(Saved data entries)
::::::
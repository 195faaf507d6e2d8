-- ===== src/Vision/Stream.antt =====
-- crates/clash-proxynet/src/vision.rs: what the reader delivers of frames that arrive in pieces.
use rust_clash.Common.{ℕ, ◌+◌, ◌<◌, ◌≤◌, ◌≡◌, refl, Option, List, ◌++◌, length, All}
use rust_clash.Io.{Turn, reads}
use rust_clash.Io.Steps.{Gives}
use rust_clash.Io.Reads.{reads_whole}
use rust_clash.Vision.{new_read, reader}
use rust_clash.Vision.Frames.{Frames, Ending, wire_of, carried, IsFrame, IsEnding}
use rust_clash.Vision.Due.{Due}
use rust_clash.Vision.Read.{reader-IsLawful}

-- A new stream whose session gives the 16 bytes of the user's identifier and then frames, of which
-- each has content and fits the buffer, and which end as they are or with a frame of the command
-- END and bytes that no frame is around: there is a byte behind the identifier. The bytes arrive
-- in whatever pieces, and there are as many calls as the frames carry bytes, each with room in its
-- buffer. Then the calls read exactly what the frames carry, and the bytes behind the frame of
-- END.
pub reads_framed_payload :
    (uuid : List ℕ) (detach : List ℕ → Option (List ℕ)) (fs : Frames) (end : Ending)
    (rooms : List ℕ) (turns : List Turn)
    → length uuid ≡ 16
    → All IsFrame fs
    → IsEnding end
    → 0 < length (wire_of fs end)
    → All (λ room. 0 < room) rooms
    → length (carried fs end) ≤ length rooms
    → All Gives turns
    → length (uuid ++ wire_of fs end) + length rooms ≤ length turns
    → reads (reader uuid detach) rooms new_read (uuid ++ wire_of fs end) turns ≡ carried fs end
reads_framed_payload uuid detach fs end rooms turns sixteen all ok some_wire room few give t =
    reads_whole (Due uuid) (reader uuid detach) (reader-IsLawful uuid sixteen detach) rooms new_read
      (uuid ++ wire_of fs end) (carried fs end) turns room
      (fs, end, all, ok, some_wire, refl, refl, refl, refl, refl, refl) give few t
::::::
* _Task_:
Write out every line from the data above that includes "detach".

* _Written reply_:
    (uuid : List ℕ) (detach : List ℕ → Option (List ℕ)) (fs : Frames) (end : Ending)
    → reads (reader uuid detach) rooms new_read (uuid ++ wire_of fs end) turns ≡ carried fs end
reads_framed_payload uuid detach fs end rooms turns sixteen all ok some_wire room few give t =
    reads_whole (Due uuid) (reader uuid detach) (reader-IsLawful uuid sixteen detach) rooms new_read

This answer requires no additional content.